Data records
=== Section Start ===

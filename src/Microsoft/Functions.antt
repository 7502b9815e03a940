-- ===== src/Microsoft/Functions.antt =====
-- The functions that the loop over the interfaces finds.
use usbdevice.Base.{
  ℕ, zero, suc, ◌+◌, ◌-◌, ◌≡◌, ◌≢◌, ◌⊎◌, inl, inr, sym, ◌∙◌, ap, arith, none, some, List, [], ◌∷◌,
  ◌==◌, ◌||◌, not, if◌then◌else◌, refl,
}
use usbdevice.Device.{Device}
use usbdevice.Microsoft.{functions, device_functions}

-- The interfaces that begin a function, of `k` from `n` on: those that are the first one or another one
-- than that before, each with its reference.
unfoldable pub starts : (ℕ → ℕ) → ℕ → ℕ → List (ℕ × ℕ)
starts ifs zero n = []
starts ifs (suc k) n =
    let rest = starts ifs k (n + 1) in
    if (n == 0) || not (ifs (n - 1) == ifs n) then (n, ifs n) ∷ rest else rest

module _ (ifs : ℕ → ℕ) where
  abbrev behind : ℕ → ℕ → List (ℕ × ℕ)
  behind k n = functions ifs k (n + 1) (some (ifs n))

  same_round : (k n : ℕ) → ifs n ≡ ifs (n + 1) → behind (suc k) n ≡ behind k (n + 1)
  unfolding functions
  same_round k n h = ground (arith, h, ap (λ r. functions ifs k (n + 1 + 1) (some r)) h)

  new_round :
      (k n : ℕ) → ifs n ≢ ifs (n + 1) → behind (suc k) n ≡ (n + 1, ifs (n + 1)) ∷ behind k (n + 1)
  unfolding functions
  new_round k n h = ground (arith, h)

  same_or_new : (n : ℕ) → (ifs n ≡ ifs (n + 1)) ⊎ (ifs n ≢ ifs (n + 1))
  same_or_new n = ground arith

  same_start :
      (k n : ℕ) → ifs n ≡ ifs (n + 1) → starts ifs (suc k) (n + 1) ≡ starts ifs k (n + 1 + 1)
  unfolding starts
  same_start k n h = let before : n + 1 - 1 ≡ n = omega arith in rw before (ground (arith, h))

  new_start :
      (k n : ℕ)
      → ifs n ≢ ifs (n + 1)
      → starts ifs (suc k) (n + 1) ≡ (n + 1, ifs (n + 1)) ∷ starts ifs k (n + 1 + 1)
  unfolding starts
  new_start k n h = let before : n + 1 - 1 ≡ n = omega arith in rw before (ground (arith, h))

  behind-starts : (k n : ℕ) → behind k n ≡ starts ifs k (n + 1)
  unfolding functions starts
  behind-starts zero n = refl
  behind-starts (suc k) n = elim (same_or_new n) [
    | inl e ↦ same_round k n e ∙ (behind-starts k (n + 1) ∙ sym (same_start k n e))
    | inr e ↦
        new_round k n e
        ∙ (ap (λ l. (n + 1, ifs (n + 1)) ∷ l) (behind-starts k (n + 1)) ∙ sym (new_start k n e))
  ]

  functions-starts : (k : ℕ) → functions ifs k 0 none ≡ starts ifs k 0
  unfolding functions starts
  functions-starts zero = refl
  functions-starts (suc k) = ap (λ l. (0, ifs 0) ∷ l) (behind-starts k 0)

-- The functions of a device are the interfaces that begin one: an interface that is mounted at places that
-- follow each other is one function.
pub functions_lem : (d : Device) → device_functions d ≡ starts d.ifs d.if_count 0
functions_lem d = functions-starts d.ifs d.if_count
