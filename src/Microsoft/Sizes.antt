-- ===== src/Microsoft/Sizes.antt =====
-- The descriptor set as a host reads it.
use usbdevice.Base.{
  ℕ, zero, suc, ◌+◌, ◌*◌, ◌≤◌, ◌<◌, ◌≡◌, refl, sym, ◌∙◌, ap, arith, Bool-cases, inl, inr, Option,
  none, some, List, [], ◌∷◌, ◌++◌, length, take, drop, get_or, ◌==◌, subst,
}
use usbdevice.Device.{Device}
use usbdevice.Microsoft.Functions.{starts, functions_lem}
use usbdevice.Microsoft.{
  copy_string, subset, subsets, conf_subset, desc_set, ms_os_desc, device_functions,
}

-- A host takes the subsets of the functions one by one, by the length that each states: the number of
-- the first interface and the identifier of each.
unfoldable pub read_subsets : ℕ → List ℕ → List (ℕ × List ℕ)
read_subsets zero l = []
read_subsets (suc fuel) [] = []
read_subsets (suc fuel) (b ∷ l) =
    let rest = read_subsets fuel (drop (get_or (b ∷ l) 6 0 + 256 * get_or (b ∷ l) 7 0) (b ∷ l)) in
    (get_or (b ∷ l) 4 0, take 8 (drop 12 (b ∷ l))) ∷ rest

-- The functions with an identifier.
abbrev pub with_id : ℕ → Option (List ℕ) → List (ℕ × List ℕ) → List (ℕ × List ℕ)
with_id n none l = l
with_id n (some s) l = (n, copy_string 8 s) ∷ l

unfoldable pub named : (ℕ → Option (List ℕ)) → List (ℕ × ℕ) → List (ℕ × List ℕ)
named ids [] = []
named ids ((n, r) ∷ fs) = with_id n (ids r) (named ids fs)

-- A string field begins with a byte, and goes on with the field of a string.
string_head :
    (n : ℕ) (s : List ℕ) → (x : ℕ) × ((t : List ℕ) × (copy_string (suc n) s ≡ x ∷ copy_string n t))
unfolding copy_string
string_head n [] = (0, ([], refl))
string_head n (c ∷ s) = elim (Bool-cases (c == 0)) [
  | inl h ↦ (0, ([], rw h refl))
  | inr h ↦ (c, (s, rw h refl))
]

drop-copy_string : (n m k : ℕ) (s l : List ℕ) → m ≡ n + k → drop m (copy_string n s ++ l) ≡ drop k l
unfolding copy_string
drop-copy_string zero m k s l h = let same : m ≡ k = omega (arith, h) in ap (λ j. drop j l) same
drop-copy_string (suc n) zero k s l h = absurd (omega arith)
drop-copy_string (suc n) (suc m) k s l h =
    let (x, (t, e)) = string_head n s in
    ap (λ c. drop (suc m) (c ++ l)) e ∙ drop-copy_string n m k t l (omega arith)

take-copy_string : (n : ℕ) (s l : List ℕ) → take n (copy_string n s ++ l) ≡ copy_string n s
unfolding copy_string
take-copy_string zero s l = refl
take-copy_string (suc n) s l =
    let (x, (t, e)) = string_head n s in
    ap (λ c. take (suc n) (c ++ l)) e ∙ (ap (λ c. x ∷ c) (take-copy_string n t l) ∙ sym e)

append_assoc : (a b c : List ℕ) → (a ++ b) ++ c ≡ a ++ (b ++ c)
append_assoc [] b c = refl
append_assoc (x ∷ a) b c = ap (λ l. x ∷ l) (append_assoc a b c)

module _ (ids : ℕ → Option (List ℕ)) where
  subset_read :
      (fuel n : ℕ) (s l : List ℕ)
      → read_subsets (suc fuel) (subset ids n (some s) ++ l)
        ≡ (n, copy_string 8 s) ∷ read_subsets fuel l
  unfolding read_subsets
  subset_read fuel n s l =
      let zeros = copy_string 8 [] in
      let flat = append_assoc (copy_string 8 s) zeros l in
      let behind : drop 16 ((copy_string 8 s ++ zeros) ++ l) ≡ l =
        ap (drop 16) flat
        ∙ (drop-copy_string 8 16 8 s (zeros ++ l) refl ∙ drop-copy_string 8 8 0 [] l refl) in
      let id : take 8 ((copy_string 8 s ++ zeros) ++ l) ≡ copy_string 8 s =
        ap (take 8) flat ∙ take-copy_string 8 s (zeros ++ l) in
      λ i. (n, id i) ∷ read_subsets fuel (behind i)

  subset_step :
      (fuel n : ℕ) (x : Option (List ℕ)) (l : List ℕ) (fs : List (ℕ × List ℕ))
      → read_subsets (suc fuel) l ≡ fs
      → read_subsets fuel l ≡ fs
      → read_subsets (suc fuel) (subset ids n x ++ l) ≡ with_id n x fs
  subset_step fuel n none l fs h k = h
  subset_step fuel n (some s) l fs h k =
      subset_read fuel n s l ∙ ap (λ y. (n, copy_string 8 s) ∷ y) k

  read_nothing : (fuel : ℕ) → read_subsets fuel [] ≡ []
  unfolding read_subsets
  read_nothing zero = refl
  read_nothing (suc fuel) = refl

  subsets_read :
      (fuel : ℕ) (fs : List (ℕ × ℕ))
      → length fs ≤ fuel
      → read_subsets fuel (subsets ids fs) ≡ named ids fs
  unfolding subsets named
  subsets_read fuel [] h = read_nothing fuel
  subsets_read zero ((n, r) ∷ fs) h = absurd (omega arith)
  subsets_read (suc fuel) ((n, r) ∷ fs) h =
      subset_step fuel n (ids r) (subsets ids fs) (named ids fs)
        (subsets_read (suc fuel) fs (omega arith)) (subsets_read fuel fs (omega arith))

  -- The bytes of the set behind its two headers, and what the headers state.
  set_parts :
      (l : List ℕ)
      → length (desc_set ids (conf_subset ids l)) < 65536
      → let desc = desc_set ids (conf_subset ids l) in
        (drop 18 desc ≡ l)
        × (get_or desc 8 0 + 256 * get_or desc 9 0 ≡ length desc)
        × (get_or desc 16 0 + 256 * get_or desc 17 0 ≡ length (drop 10 desc))
  unfolding desc_set conf_subset
  set_parts [] h = (refl, refl, refl)
  set_parts (b ∷ l) h = (refl, omega (arith, h), omega (arith, h))

  -- The set states its length and that of the subset of the configuration, and a host that takes the
  -- subsets behind the two headers by their lengths finds, in their order and by their number, the
  -- interfaces of the device that have an identifier and are the first one or another one than that
  -- before, with at most 8 characters of the identifier: a function at several places is named once.
  -- (For sets that are shorter than 65536 bytes, and a
  -- host that goes on for as many rounds as there are such interfaces.)
  pub set_read :
      (fuel : ℕ) (d : Device)
      → length (starts d.ifs d.if_count 0) ≤ fuel
      → length (ms_os_desc ids d) < 65536
      → let desc = ms_os_desc ids d in
        (read_subsets fuel (drop 18 desc) ≡ named ids (starts d.ifs d.if_count 0))
        × (get_or desc 8 0 + 256 * get_or desc 9 0 ≡ length desc)
        × (get_or desc 16 0 + 256 * get_or desc 17 0 ≡ length (drop 10 desc))
  unfolding ms_os_desc
  set_read fuel d h k =
      let (rest, total, inner) = set_parts (subsets ids (device_functions d)) k in
      let same = functions_lem d in
      let fits = subst (λ l. length l ≤ fuel) (sym same) h in
      (
        ap (read_subsets fuel) rest
            ∙ (subsets_read fuel (device_functions d) fits ∙ ap (named ids) same),
        total,
        inner,
      )
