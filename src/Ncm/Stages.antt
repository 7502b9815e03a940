-- ===== src/Ncm/Stages.antt =====
-- The callbacks of the control pipe, the connection and the mounting: the rest of Class/CDC/usbd_ncm.c.
use usbdevice.Base.{
  ℕ, ◌+◌, ◌*◌, ◌/◌, ◌^◌, not, ◌&&◌, List, ◌++◌, take, drop, get_or, ltb, ◌==◌, if◌then◌else◌,
  overwrite, update,
}
use usbdevice.Device.{
  ReturnType, e_ok, e_error, e_invalid, is_in, type_class, type_bulk, type_interrupt,
  ctrl_data_buffer, memory, Platform, Device,
}
use usbdevice.Endpoint.{ep_open, ep_close, ep_send, ep_receive}
use usbdevice.Control.{ctrl_send_data, ctrl_receive_data}
use usbdevice.Descriptor.{le16}
use usbdevice.Text.{uint2unicode}
use usbdevice.Bulk.{bulk_mps, reset_mps, bind_ep, bind_bulk, mount_at}
use usbdevice.Ncm.{
  ntb_empty, ntb_ready, put16, header_size, table_size, sequence_at, Ncm, NcmCtx, NcmOptions,
  NcmApp, in_page_size, out_page_size, on_ncm, on_ncm_dev, on_ncm_result, tell, fresh_size,
}

-- `NCM_NOT_PACKET_SIZE` and `NCM_NOT_INTR_INTERVAL`
abbrev pub not_packet_size : ℕ
not_packet_size = 8

abbrev not_interval : ℕ
not_interval = 20

-- A 32-bit field, the low byte first.
abbrev pub le32 : ℕ → List ℕ
le32 n = le16 n ++ le16 (n / 65536)

abbrev pub read32 : List ℕ → ℕ
read32 l = get_or l 0 0 + 256 * get_or l 1 0 + 65536 * get_or l 2 0 + 2 ^ 24 * get_or l 3 0

-- `USBD_NCM_ParametersType`
unfoldable pub ntb_parameters : NcmOptions → List ℕ
ntb_parameters o =
    le16 28
    ++ (le16 1
        ++ (le32 o.max_in_size
            ++ (le16 4
                ++ (le16 0
                    ++ (le16 4
                        ++ (le16 0
                            ++ (le32 o.max_out_size
                                ++ (le16 4 ++ (le16 0 ++ (le16 4 ++ le16 20))))))))))

-- `ncm_dataStage`: the size that the host has sent, if it leaves space behind the header and the table.
unfoldable pub data_stage : NcmCtx → NcmCtx
data_stage c =
    let size = read32 c.dev.ctrl_data in
    if not (is_in c.dev.setup.direction)
      && (c.dev.setup.request == 0x86)
      && ltb (header_size + table_size) size
    then on_ncm (λ i. record i { max_size = size }) c
    else c

module _ (p : Platform) (o : NcmOptions) (app : NcmApp) where
  -- `ncm_init`
  unfoldable pub init : NcmCtx → NcmCtx
  init c =
      if c.itf.alt_selector == 1
      then tell app.app_init
          (on_ncm_dev (ep_open p c.itf.not_ep_num type_interrupt not_packet_size) c)
      else on_ncm (λ i. record i { max_size = in_page_size o }) c

  -- `ncm_deinit`
  unfoldable pub deinit : NcmCtx → NcmCtx
  deinit c =
      let off = on_ncm (λ i. record i { connection = 0 }) c in
      let i = c.itf in
      let close = λ (d : Device).
        ep_close p i.not_ep_num (ep_close p i.out_ep_num (ep_close p i.in_ep_num d)) in
      let told = tell app.app_deinit (on_ncm_dev close off) in
      if i.alt_selector == 1
      then record told { dev = reset_mps p told.itf.in_ep_num told.itf.out_ep_num told.dev }
      else off

  -- A response of the class, from the buffer of the device.
  abbrev send_ctrl : List ℕ → ℕ → NcmCtx → ReturnType × NcmCtx
  send_ctrl bytes len c =
      let store = λ (d : Device). record d { ctrl_data = overwrite bytes d.ctrl_data } in
      on_ncm_result (ctrl_send_data p ctrl_data_buffer len) (on_ncm_dev store c)

  -- `ncm_setupStage`
  unfoldable pub setup_stage : NcmCtx → ReturnType × NcmCtx
  setup_stage c =
      let q = c.dev.setup.request in
      if not (c.dev.setup.type == type_class)
      then (e_invalid, c)
      else if q == 0x80
      then send_ctrl (ntb_parameters o) 28 c
      else if q == 0x85
      then send_ctrl (le32 c.itf.max_size) 4 c
      else if q == 0x86
      then on_ncm_result (ctrl_receive_data p ctrl_data_buffer 4) c
      else (e_invalid, c)

  -- `ncm_getString`: the address is written behind the space of its descriptor.
  unfoldable pub get_string : ℕ → NcmCtx → List ℕ × NcmCtx
  get_string int_num c =
      let bytes = uint2unicode app.net_address 12 in
      let store = λ (d : Device). record d {
        ctrl_data = take 26 d.ctrl_data ++ overwrite bytes (drop 26 d.ctrl_data);
      } in
      if int_num == 0 then (app.name, c) else (bytes, on_ncm_dev store c)

  -- `USBD_NCM_Connect`: the pages as they are when the interface connects.
  unfoldable pub start_pages : Ncm → Ncm
  start_pages i = record i {
    in_bytes =
        update (update i.in_bytes 0 (put16 sequence_at 0 (i.in_bytes 0))) 1
          (put16 sequence_at 1 (i.in_bytes 1));
    fill_state = ntb_empty;
    send_state = ntb_ready;
    in_page = 0;
    dg_count = 0;
    in_index = header_size;
    rem_size = fresh_size i.max_size;
    out_state = update (update i.out_state 0 ntb_empty) 1 ntb_empty;
    out_page = 0;
  }

  -- `USBD_NCM_Connect`; the notifications of the speed and of the connection are sent as one message.
  unfoldable pub connect : ℕ → NcmCtx → ReturnType × NcmCtx
  connect bit_rate c =
      let i = c.itf in
      let mps = bulk_mps p c.dev in
      let opened =
        ep_open p i.out_ep_num type_bulk mps (ep_open p i.in_ep_num type_bulk mps c.dev) in
      let receiving =
        (ep_receive p i.out_ep_num (memory (i.out_at 1)) (out_page_size o) opened).1 in
      if (i.alt_selector == 1) && (i.connection == 0)
      then on_ncm_result (ep_send p i.not_ep_num (memory i.notify_at) 24) (record c {
        itf = record (start_pages i) { bit_rate = bit_rate; connection = 1 };
        dev = receiving;
      })
      else (e_invalid, c)

  -- `USBD_NCM_Disconnect`
  unfoldable pub disconnect : NcmCtx → ReturnType × NcmCtx
  disconnect c =
      let i = c.itf in
      let closed = ep_close p i.out_ep_num (ep_close p i.in_ep_num c.dev) in
      if (i.alt_selector == 1) && not (i.connection == 0)
      then on_ncm_result (ep_send p i.not_ep_num (memory i.connection_at) 8)
          (record c { itf = record i { connection = 0; fill_state = ntb_empty }; dev = closed })
      else (e_invalid, c)

  -- `USBD_NCM_MountInterface`
  unfoldable pub mount_interface : NcmCtx → ReturnType × NcmCtx
  mount_interface c =
      let i = c.itf in
      let notice = λ (d : Device). bind_ep type_interrupt not_packet_size i.not_ep_num d in
      let bind = λ (d : Device). bind_bulk p i.out_ep_num (bind_bulk p i.in_ep_num (notice d)) in
      if ltb (c.dev.if_count + 1) p.max_if_count
      then (
        e_ok,
        record c {
          itf = record i { alt_selector = 0; connection = 0 };
          dev = mount_at i.self (mount_at i.self (bind c.dev));
        },
      )
      else (e_error, c)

=== Section End ===

### Exercise brief
Set down, from the entries above, exactly the lines from the one with "read_subsets (suc fuel) (b" up to and including the one with "with_id n (some", and no other lines.

### Result of the exercise
read_subsets (suc fuel) (b ∷ l) =
    let rest = read_subsets fuel (drop (get_or (b ∷ l) 6 0 + 256 * get_or (b ∷ l) 7 0) (b ∷ l)) in
    (get_or (b ∷ l) 4 0, take 8 (drop 12 (b ∷ l))) ∷ rest

-- The functions with an identifier.
abbrev pub with_id : ℕ → Option (List ℕ) → List (ℕ × List ℕ) → List (ℕ × List ℕ)
with_id n none l = l
with_id n (some s) l = (n, copy_string 8 s) ∷ l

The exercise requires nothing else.